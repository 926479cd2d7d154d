-- ===== src/Checkout/Guard.antt =====
-- internal/services/checkout/service.go against internal/repositories/organization/repository.go: a
-- plan that can be bought can be attached.
use orbit_api.Common.{◌≡◌, refl, sym, ap, ◌∙◌, true, false, some, arith}
use orbit_api.Common.Int.{ltb_ℤ}
use orbit_api.Common.Str.{Str, str_eq, is_empty}
use orbit_api.Common.Table.{lookup_key, lookup, update, lookup-update_self}
use orbit_api.Common.Result.{ok}
use orbit_api.Store.{Organization, Plan, Db, org_key, plan_key}
use orbit_api.Store.Tx.{Link}
use orbit_api.Webhook.Text.{trim_space}
use orbit_api.Organization.Plans.{
  set_plan, order_or_zero, raise_plan, set_plan_slug_if_higher, get_by_slug,
}
use orbit_api.Checkout.{plan_change_error, guard_plan_change}

guard-upgrade :
    (link : Link) (org : Str) (c t : Plan) (o : Organization) (d : Db)
    → guard_plan_change link org t d ≡ ok tt
    → lookup org_key org d.organizations ≡ some o
    → is_empty (trim_space o.plan_slug) ≡ false
    → lookup plan_key o.plan_slug d.plans ≡ some c
    → c.is_active ≡ true
    → (str_eq c.slug t.slug ≡ false) × (ltb_ℤ t.sort_order c.sort_order ≡ false)
unfolding guard_plan_change get_by_slug plan_change_error
guard-upgrade link org c t o d passed found named current active =
    ground (arith, passed, found, named, current, active)

order_current :
    (slug : Str) (c : Plan) (d : Db)
    → lookup plan_key slug d.plans ≡ some c
    → order_or_zero slug d ≡ c.sort_order
unfolding order_or_zero
order_current slug c d current = ground (arith, current)

attached :
    (link : Link) (org : Str) (c : Plan) (slug : Str) (t : Plan) (o : Organization) (d : Db)
    {d' : Db}
    → set_plan_slug_if_higher link org slug d ≡ (ok tt, d')
    → lookup org_key org d.organizations ≡ some o
    → lookup plan_key slug d.plans ≡ some t
    → order_or_zero o.plan_slug d ≡ c.sort_order
    → ltb_ℤ t.sort_order c.sort_order ≡ false
    → update org_key org (set_plan t.slug) d.organizations ≡ d'.organizations
unfolding set_plan_slug_if_higher raise_plan
attached link org c slug t o d e found listed order up = ground (arith, e, found, listed, order, up)

-- What the checkout lets an organization buy is what its payment attaches: if the guard lets a plan
-- pass for an organization with an active plan, then it is another plan; and when SetPlanSlugIfHigher
-- goes through for it later, on any database in which the organization still has the plan that it had
-- and the two plans still have their orders, it becomes the organization's plan.
pub guard_plan_change-attaches :
    (link link' : Link) (org : Str) (c c' t t' : Plan) (o o' : Organization) (d d' : Db) {d'' : Db}
    → guard_plan_change link org t d ≡ ok tt
    → lookup org_key org d.organizations ≡ some o
    → is_empty (trim_space o.plan_slug) ≡ false
    → lookup plan_key o.plan_slug d.plans ≡ some c
    → c.is_active ≡ true
    → lookup org_key org d'.organizations ≡ some o'
    → lookup plan_key o'.plan_slug d'.plans ≡ some c'
    → lookup plan_key t.slug d'.plans ≡ some t'
    → c'.sort_order ≡ c.sort_order
    → t'.sort_order ≡ t.sort_order
    → set_plan_slug_if_higher link' org t.slug d' ≡ (ok tt, d'')
    → (str_eq c.slug t.slug ≡ false)
      × (lookup org_key org d''.organizations ≡ some (set_plan t.slug o'))
guard_plan_change-attaches link link' org c c' t t' o o' d d' passed found named current active
      found' current' listed' same_current same_target e =
    let (other, up) = guard-upgrade link org c t o d passed found named current active in
    let up' : ltb_ℤ t'.sort_order c'.sort_order ≡ false = rw (same_current, same_target) up in
    let slug : t'.slug ≡ t.slug = lookup_key plan_key t.slug d'.plans listed' in
    let written =
      attached link' org c' t.slug t' o' d' e found' listed'
        (order_current o'.plan_slug c' d' current') up' in
    (
      other,
      ap (lookup org_key org) (sym written)
          ∙ lookup-update_self org_key org (set_plan t'.slug) d'.organizations found' refl
          ∙ ap (λ (s : Str). some (set_plan s o')) slug,
    )
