-- ===== src/Lib.antt =====
-- Verification of the Ceramic compiler (compiler/).
--
-- The compiler reads modules, scans and parses them, resolves names across imports, analyses and
-- evaluates the code and generates LLVM code. The development models the parts that the others stand
-- on: the lexer, the parser of expressions and statements, the loader's order of initialisation, the
-- tables of names with their imports, the values of number literals, the syntax trees with their copies, the syntax that stands for other
-- syntax, and the patterns that choose between overloads.
--
-- Lexer (compiler/lexer.cpp, compiler/lexer.hpp). A scanner is a function from the bytes that are left to a
-- value and the bytes left behind, or to nothing, where the code restores its position (Lexer.Scan:
-- `char`, `many`, `<|>`). Lexer.Names, Lexer.Literals, Lexer.Skips and Lexer.Doc hold one function for each
-- function of the source, by its name (`identStr` is `ident_str`), Lexer.Token the tokens and the
-- range being read (`ptr`, `begin`, `end`, `beginOffset`), and Lexer.Tokenize `nextToken`, `nextDocToken` and
-- `tokenize`; `docIsBlock` and `inDocString` are passed along. Lexer.Scan.Progress, Lexer.Progress and
-- Lexer.Yields prove that scanners consume input, Lexer.Tokenize.Step and Lexer.Tokenize.Loop carry that
-- to the loops, and Lexer.Tokenize.Locations to `tokenize`. Bounds: `many` has a round for each byte left and
-- one more, and each of its rounds consumes a byte; `tokenize` has two rounds for each byte and one more,
-- since a round consumes a byte or leaves a documentation comment; an __llvm__ block has a depth for each
-- byte, since every nested block consumes its brace.
--
-- Parser (compiler/parser.cpp). A function of the parser is a function from the state, which has the
-- tokens from `position` on, to a value and a state (`true`), a state (`false`), an error that is
-- raised, or no fuel (Parser.State: `>>=` is `if (!m) return false;`, `<|>` tries the next
-- alternative at the saved position). Parser.Terminals, Parser.Exprs, Parser.Operators,
-- Parser.Arguments, Parser.Statements with Parser.Statements.Forms, and Parser.Grammar hold one
-- function for each of the source, by its name with `_expr`, `_stmt` or `_body` where the name
-- stands for something else. Parser.Spans sets the places of an expression, Parser.Errors has the
-- diagnostics and the recovery, and Parser.Apply `applyParser`, `parseExpr` and `parseStatements` on
-- the tokens of the lexer's model. Functions that call each other are a record (Grammar), which
-- `grammar` ties with fuel for the depth of the calls: three levels for each token left and three
-- more, since a call of the same function stands behind a token. A loop has a round for each token
-- left and one more. Parser.Outcome and Parser.Total have the rules by which a function ends and
-- reads tokens, Parser.Total.Rounds those of loops; Parser.Total.Exprs to Parser.Total.Grammar apply
-- them to each function; Parser.Errors.Boundary is about recovery, Parser.Recovers about blocks,
-- Parser.Brackets about what is skipped in front of a top-level item, and Parser.Apply.Answers about
-- whole inputs. `strtoul` is a parameter. `failExpected` holds texts where the source holds
-- addresses of texts, which the ranking of the texts makes the same. Input is not interactive
-- (`addTokens` is null), and no earlier call has left `suppressExpected` set.
--
-- Names and imports (compiler/env.cpp and the declarations of compiler/ceramic.hpp). Env.Module has modules
-- and a store that holds them by address; code that changes modules is a function from the store to a
-- value and the new store, or to an error. Env.Symbols has `getPublicSymbols`, `getAllSymbols`,
-- `addImportedSymbols` and `insertImported`, where `publicOnly` chooses between the tables; Env.Lookup has
-- `addGlobal`, `lookupPublic` and `lookupPrivate`; Env.Scope the environments and the lookups along their
-- chain, which take `lookupPrivate` as an argument; Env.EditDistance `editDistance`. Fuel bounds the
-- nesting of `get_symbols`; Env.Symbols.Total shows that one more than the number of tables not being
-- loaded is enough. `StringMap` is an association list, in the order of insertion where the code goes
-- over all of it. An assertion that fails gives `none`. LLVM's list of intrinsics is a parameter.
--
-- Number literals (compiler/literals.cpp). Literals.Text has the types, the tests on the text and the
-- parameters: the C library's conversions and LLVM's `StringRef`. Literals.Integers has `parseIntLiteral` and
-- `parseFloatLiteral`, one call for each branch, Literals.Floats `parseHexFloat` for `double`, whose exponent is
-- a difference of two natural numbers. A `ValueHolder` is the type with the bits of its buffer; `long` has
-- 64 bits. `errno` is an argument, since no line of the source resets it. An assertion that fails and a
-- shift by a negative number, which is undefined, give `none`.
--
-- Loader (compiler/loader.cpp, `initModule`). Loader.Init has the modules by address with their `initState`, and
-- `init_module`, whose fuel bounds the nesting; Loader.Closure shows that one more than the number of
-- modules not begun is enough. Loader.After and Loader.Order have what a call keeps and promises. Of
-- the attributes and top-level items that a module initialises, only the order is kept.
--
-- Syntax trees (compiler/ceramic.hpp, compiler/clone.cpp). Syntax.Node and Syntax.Tree have the expressions and
-- statements as data types, a constructor for each class, without their addresses and the caches that
-- analysis fills; Syntax.Places reads and sets locations. Syntax.Clone and Syntax.Code are clone.cpp, one
-- function for each overload of `clone`; Syntax.Clone.Keeps and Syntax.Clone.Same say what a copy keeps.
--
-- Desugaring (compiler/desugar.cpp; compiler/loader.cpp, `loadDependent`'s names). Desugar.Build makes nodes the
-- way the constructors do; Desugar.Exprs, Desugar.Chars, Desugar.Statements, Desugar.Overloads and
-- Desugar.Modules have one function for each of the source. Desugar.Branches gives the `if` chains a meaning, where
-- an argument says which conditions hold, and compares it with the first case or handler that
-- applies; Desugar.Overloads.Order and Desugar.Rethrow are about overloads with conversions and about
-- names that handlers bind.
--
-- Patterns (compiler/patterns.cpp; compiler/analyzer.cpp, `constructType`). Patterns.Objects has static values, their
-- types and patterns, where a tuple's value tells its static elements, whose types are `Static[o]`, from the others;
-- Patterns.Deref `derefDeep` and `objectToPattern`, Patterns.Construct `constructType`,
-- Patterns.Unify the overloads of `unify`, on a store of cells. A cell that is made empty has an
-- address; one that is made with an object never changes, so it is only that object. A list with an
-- index is the items from there on. A type is its contents, as the tables of types make it unique.
-- Arguments are `primitive_ByRef()`, the tests on heads and objects (`==`, `objectEquals`), and the evaluator (`evaluateOneStatic`),
-- which makes the tuple of values that are not all static. The fuel of `unify` bounds the nesting of its calls, and
-- that of `deref_cells` how many cells hold each other: neither bound is fixed, since cells may hold themselves.
-- Patterns.Unify.Sound, Patterns.Unify.Empty and Patterns.Unify.Equal say what unification does; Patterns.Match
-- applies it to values; Patterns.Plain, Patterns.Trips, Patterns.Compound and Patterns.RoundTrip are about
-- the patterns of values.
--
-- Matching of calls (compiler/matchinvoke.cpp). Invoke.Overload has `matchInvoke` with its loops over the formal
-- arguments, where `i`, `j` and `varArgSize` are `unsigned` and wrap, and `resetPatterns` on every return; `f` and `g`
-- are the bounds of Patterns, and `none` an error of the program. An overload's patterns are given, and its
-- predicate is a function of the bindings. Invoke.Arguments is about the places of arguments, Invoke.Reset
-- about the cells afterwards.
--
-- Prelude has the names from the libraries, Boolean tests, byte strings and association lists. The modules
-- called Tests run the models on concrete inputs.
--
-- Not modelled: the parsing of top-level items and modules and of interactive input, the evaluation of pattern expressions, the tables and layout of types, the
-- analyzer, the evaluator and the code generator; top-level items, their printing and the eval forms;
-- `maxPtr` of the lexer, which is never read; the texts of error messages; the overflow of `int` in the
-- exponent of a hexadecimal float.
pub mod Patterns
pub mod Parser
pub mod Prelude
pub mod Invoke
pub mod Lexer
pub mod Env
pub mod Literals
pub mod Syntax
pub mod Desugar
pub mod Loader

- - - -

How to complete this task: Using the data above, extract exactly the lines from the one that holds "-- Patterns.Unify the" to the one that holds "may hold themselves.", both ends included, and no others.

Response below:
-- Patterns.Unify the overloads of `unify`, on a store of cells. A cell that is made empty has an
-- address; one that is made with an object never changes, so it is only that object. A list with an
-- index is the items from there on. A type is its contents, as the tables of types make it unique.
-- Arguments are `primitive_ByRef()`, the tests on heads and objects (`==`, `objectEquals`), and the evaluator (`evaluateOneStatic`),
-- which makes the tuple of values that are not all static. The fuel of `unify` bounds the nesting of its calls, and
-- that of `deref_cells` how many cells hold each other: neither bound is fixed, since cells may hold themselves.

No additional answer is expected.